In some situations, farmers or horticulturists may aim to restrict natural pollination to only permit breeding with the preferred individuals plants. This may be achieved through the use of pollination bags.
In some instances growers’ demand for beehives far exceeds the available supply. The number of managed beehives in the US has steadily declined from close to 6 million after WWII, to less than 2.5 million today. In contrast, the area dedicated to growing bee-pollinated crops has grown over 300% in the same time period. Additionally, in the past five years there has been a decline in winter managed beehives, which has reached an unprecedented rate of colony losses at near 30%. At present, there is an enormous demand for beehive rentals that cannot always be met. There is a clear need across the agricultural industry for a management tool to draw pollinators into cultivations and encourage them to preferentially visit and pollinate the flowering crop.
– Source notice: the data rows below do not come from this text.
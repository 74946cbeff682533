-- ===== src/Cfs.antt =====
-- What the library's calls of `pathlib` and `os` see and do: a file system whose directories,
-- files and links are those of configFS, /proc and the host. The kernel behind it is a parameter.
mod Monad
pub mod Laws
pub mod Stays
pub mod Memory
pub use Monad.*
use rtslib_fb.Prelude.{
  ℕ, ◌+◌, Bool, true, false, not, ◌&&◌, Option, none, some, List, [], ◌∷◌, ◌++◌, Text, codes,
  text_eq, strip, String, Result, ok, err, os_error, rtslib_error, if◌then◌else◌, any,
}
use rtslib_fb.Wwn.{WwnType}
use rtslib_fb.Wwn.Generate
use rtslib_fb.Wwn.Generate.{Host, uuid_text, last}

module _ ⦃k : Kernel⦄ where
  -- `Path.is_dir`; the paths that the library builds go through no link.
  unfoldable pub is_dir : FsPath → M Bool
  is_dir p w = (ok (is_dir_in p w.fs), w)

  unfoldable pub is_file : FsPath → M Bool
  is_file p w = (ok (is_file_in p w.fs), w)

  -- The names that `Path.iterdir` and `os.listdir` give; a path that is no directory is an OSError.
  unfoldable pub listdir : FsPath → M (List Text)
  listdir p w = if is_dir_in p w.fs then (ok (children p w.fs), w) else (err os_error, w)

  -- `fread`
  unfoldable pub fread : FsPath → M Text
  fread p w = elim (content p w.fs) [ none ↦ (err os_error, w) | some s ↦ (ok (strip s), w) ]

  -- A call of the kernel: it changes the file system or it is an OSError.
  abbrev call : (Fs → Option Fs) → M (Unit {0})
  call f w = elim (f w.fs) [ none ↦ (err os_error, w) | some fs' ↦ (ok tt, record w { fs = fs' }) ]

  -- `fwrite`
  unfoldable pub fwrite : FsPath → Text → M (Unit {0})
  fwrite p s = call (k.write p s)

  unfoldable pub mkdir : FsPath → M (Unit {0})
  mkdir p = call (k.mkdir p)

  unfoldable pub rmdir : FsPath → M (Unit {0})
  rmdir p = call (k.rmdir p)

  -- `os.symlink(source, destination)`
  unfoldable pub symlink : FsPath → FsPath → M (Unit {0})
  symlink source destination = call (k.symlink source destination)

  unfoldable pub unlink : FsPath → M (Unit {0})
  unlink p = call (k.unlink p)

  -- `Path.is_symlink` and the target that `os.path.realpath` gives for a link.
  unfoldable pub readlink : FsPath → M (Option FsPath)
  readlink p w = (ok (link_target p w.fs), w)

  -- `uuid.uuid4()`: the next 32 hexadecimal digits.
  unfoldable pub uuid4 : M Text
  uuid4 w = (ok (k.uuid w.drawn), record w { drawn = w.drawn + 1 })

  -- `str(uuid.uuid4())[-10:]`
  unfoldable pub random_alias : M Text
  unfolding uuid4
  random_alias = do hex ← uuid4; pure (last 10 (uuid_text hex))

  -- `generate_wwn` in its surroundings.
  unfoldable pub generate_wwn : WwnType → M Text
  unfolding uuid4
  generate_wwn t = do hex ← uuid4; lift (Generate.generate_wwn t k.host hex)
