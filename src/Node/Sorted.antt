-- ===== src/Node/Sorted.antt =====
-- `sorted` on texts: an insertion sort by code points.
use rtslib_fb.Prelude.{Bool, true, false, List, [], ◌∷◌, Text, ltb, ◌==◌, if◌then◌else◌}

abbrev text_le : Text → Text → Bool
text_le [] t = true
text_le (c ∷ s) [] = false
text_le (c ∷ s) (d ∷ t) =
    let rest = text_le s t in if ltb c d then true else if c == d then rest else false

insert : Text → List Text → List Text
insert t [] = t ∷ []
insert t (s ∷ ss) = let rest = insert t ss in if text_le t s then t ∷ s ∷ ss else s ∷ rest

unfoldable pub sort : List Text → List Text
unfolding insert
sort [] = []
sort (t ∷ ts) = insert t (sort ts)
By attracting pollinators like honeybees and increasing their foraging behavior, particularly in the center of large plots, we can increase grower returns and optimize yield from their plantings. ISCA Technologies, from Riverside California, created a semiochemical formulation called SPLAT Bloom, that modifies the behavior of honeybees, inciting them to visit flowers in every portion of the field.
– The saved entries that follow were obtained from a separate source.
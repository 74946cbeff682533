-- ===== src/Node.antt =====
-- `class CFSNode` of rtslib/node.py: an object that stands for a directory of configFS. A method
-- takes the object's path, `self._path`.
mod Sorted
pub mod Create
pub mod Attributes
mod Tests
use Sorted.{sort}
use rtslib_fb.Prelude.{
  ℕ, Bool, true, false, not, ◌&&◌, Option, none, some, List, [], ◌∷◌, ◌++◌, is_empty, keep, Text,
  codes, String, ℤ, py_int, Exn, rtslib_error, not_in_cfs, os_error, ok, err, if◌then◌else◌,
}
use rtslib_fb.Cfs.{
  FsPath, path_eq, parent, Fs, Entry, dir, file, link, entry, is_dir_in, Kernel, World, M, pure,
  raise, ◌>>=◌, ◌>>◌, when, raise_if, try_except, any_exn, map_m, is_dir, is_file, listdir, fread,
  fwrite, mkdir, rmdir,
}

-- `configfs_dir`
abbrev pub configfs_dir : FsPath
configfs_dir = codes "target" ∷ codes "config" ∷ codes "kernel" ∷ codes "sys" ∷ []

abbrev pub core_dir : FsPath
core_dir = codes "core" ∷ configfs_dir

-- The creation modes; `invalid` is any other text.
pub data Mode : Type 0 where
  any lookup create invalid : Mode

module _ ⦃k : Kernel⦄ where
  -- `exists`
  unfoldable pub exists : FsPath → M Bool
  unfolding is_dir
  exists p = is_dir p

  -- `path.resolve().parent.samefile(core)`: the comparison wants both directories.
  same_as_core : FsPath → M Bool
  same_as_core q w =
      if is_dir_in core_dir w.fs then (ok (path_eq q core_dir), w) else (err os_error, w)

  -- The stale HBA directory that `create` may replace: a directory of `core` with no entry.
  is_stale_hba : FsPath → M Bool
  unfolding same_as_core
  is_stale_hba p = do
    core ← same_as_core (parent p)
    if core then (do names ← listdir p; pure (is_empty names)) else pure false

  -- `if self.exists and mode == 'create'` and its `elif`.
  check_mode : FsPath → Mode → M (Unit {0})
  unfolding exists is_stale_hba
  check_mode p create = do
    there ← exists p
    when there (do
      stale ← is_stale_hba p
      if stale then rmdir p else raise (rtslib_error "This object already exists in configFS"))
  check_mode p lookup = do there ← exists p; raise_if (not there) not_in_cfs
  check_mode p m = pure tt

  -- `_create_in_cfs_ine`
  unfoldable pub create_in_cfs_ine : FsPath → Mode → M (Unit {0})
  unfolding check_mode exists
  create_in_cfs_ine p invalid = raise (rtslib_error "Invalid mode")
  create_in_cfs_ine p m = do
    check_mode p m
    there ← exists p
    when (not there) (
        try_except (mkdir p) any_exn
          (λ e. raise (rtslib_error "Could not create object in configFS")))

  -- `_check_self`
  unfoldable pub check_self : FsPath → M (Unit {0})
  unfolding exists
  check_self p = do there ← exists p; raise_if (not there) not_in_cfs

  -- The tests of `_list_files` on one entry of the directory.
  abbrev allowed : Option Bool → Bool → Bool
  allowed none b = true
  allowed (some true) b = b
  allowed (some false) b = not b

  abbrev listed : Option Bool → Option Bool → Option Entry → Bool
  listed writable readable none = false
  listed writable readable (some dir) = false
  listed writable readable (some (link q)) = false
  listed writable readable (some (file w r s)) = allowed writable w && allowed readable r

  -- `_list_files`
  unfoldable pub list_files : FsPath → Option Bool → Option Bool → M (List Text)
  unfolding is_dir listdir sort
  list_files p writable readable = do
    there ← is_dir p
    if there
        then (do
          names ← listdir p
          λ w. pure (sort (keep (λ n. listed writable readable (entry (n ∷ p) w.fs)) names)) w)
        else pure []

  unfoldable pub list_parameters : FsPath → Option Bool → Option Bool → M (List Text)
  unfolding check_self list_files
  list_parameters p writable readable = do
    check_self p
    list_files (codes "param" ∷ p) writable readable

  unfoldable pub list_attributes : FsPath → Option Bool → Option Bool → M (List Text)
  unfolding check_self list_files
  list_attributes p writable readable = do
    check_self p
    list_files (codes "attrib" ∷ p) writable readable

  unfoldable pub set_attribute : FsPath → Text → Text → M (Unit {0})
  unfolding check_self
  set_attribute p attribute value = do
    check_self p
    there ← is_file (attribute ∷ codes "attrib" ∷ p)
    raise_if (not there) (rtslib_error "Cannot find attribute")
    try_except (fwrite (attribute ∷ codes "attrib" ∷ p) value) any_exn
        (λ e. raise (rtslib_error "Cannot set attribute"))

  unfoldable pub get_attribute : FsPath → Text → M Text
  unfolding check_self
  get_attribute p attribute = do
    check_self p
    there ← is_file (attribute ∷ codes "attrib" ∷ p)
    raise_if (not there) (rtslib_error "Cannot find attribute")
    fread (attribute ∷ codes "attrib" ∷ p)

  -- A parameter's value is written with a line break.
  unfoldable pub set_parameter : FsPath → Text → Text → M (Unit {0})
  unfolding check_self
  set_parameter p parameter value = do
    check_self p
    there ← is_file (parameter ∷ codes "param" ∷ p)
    raise_if (not there) (rtslib_error "Cannot find parameter")
    try_except (fwrite (parameter ∷ codes "param" ∷ p) (value ++ 10 ∷ [])) any_exn
        (λ e. raise (rtslib_error "Cannot set parameter"))

  unfoldable pub get_parameter : FsPath → Text → M Text
  unfolding check_self
  get_parameter p parameter = do
    check_self p
    there ← is_file (parameter ∷ codes "param" ∷ p)
    raise_if (not there) (rtslib_error "Cannot find RFC-3720 parameter")
    fread (parameter ∷ codes "param" ∷ p)

  -- `delete`
  unfoldable pub delete : FsPath → M (Unit {0})
  unfolding exists
  delete p = do there ← exists p; when there (rmdir p)

-- The value of an attribute in a dump: an integer, or the text where it is none.
pub data AttributeValue : Type 0 where
  number : ℤ → AttributeValue
  text : Text → AttributeValue

abbrev pub attribute_value : Text → AttributeValue
attribute_value s = elim (py_int s) [ none ↦ text s | some n ↦ number n ]

-- The keys `attributes` and `parameters` of a dump; a key that is absent is the empty list.
pub record NodeDump : Type 0 where
  pub attributes : List (Text × AttributeValue)
  pub parameters : List (Text × Text)

module _ ⦃k : Kernel⦄ where
  -- `dump`; on a ValueError the attribute is read once more.
  dump_attribute : FsPath → Text → M (Text × AttributeValue)
  unfolding get_attribute py_int
  dump_attribute p item = do
    s ← get_attribute p item
    elim (py_int s) [
      | some n ↦ pure (item, number n)
      | none ↦ (do again ← get_attribute p item; pure (item, text again))
    ]

  unfoldable pub dump : FsPath → M NodeDump
  unfolding dump_attribute list_attributes list_parameters get_parameter
  dump p = do
    names ← list_attributes p (some true) (some true)
    attributes ← map_m names (dump_attribute p)
    items ← list_parameters p (some true) (some true)
    parameters ← map_m items (λ item. do value ← get_parameter p item; pure (item, value))
    pure (record { attributes = attributes; parameters = parameters })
Loss of pollinators, also known as Pollinator decline (of which colony collapse disorder is perhaps the most well known) has been noticed in recent years. Observed losses would have significant economic impacts. Possible explanations for pollinator decline include habitat destruction, pesticide, parasitism/diseases, climate change and others, and many researchers believe it is the synergistic effects of these factors which are ultimately detrimental to pollinator populations.
Wild pollinators often visit a large number of plant species and plants are visited by a large number of pollinator species. All these relations together form a network of interactions between plants and pollinators. Surprising similarities were found in the structure of networks consisting out of the interactions between plants and pollinators. This structure was found to be similar in very different ecosystems on different continents, consisting of entirely different species.
The structure of plant-pollinator networks may have large consequences for the way in which pollinator communities respond to increasingly harsh conditions. Mathematical models, examining the consequences of this network structure for the stability of pollinator communities suggest that the specific way in which plant-pollinator networks are organized minimizes competition between pollinators and may even lead to strong indirect facilitation between pollinators when conditions are harsh. This means that pollinator species together can survive under harsh conditions. But it also means that pollinator species collapse simultaneously when conditions pass a critical point. This simultaneous collapse occurs, because pollinator species depend on each other when surviving under difficult conditions.
Such a community-wide collapse, involving many pollinator species, can occur suddenly when increasingly harsh conditions pass a critical point and recovery from such a collapse might not be easy. The improvement in conditions needed for pollinators to recover, could be substantially larger than the improvement needed to return to conditions at which the pollinator community collapsed.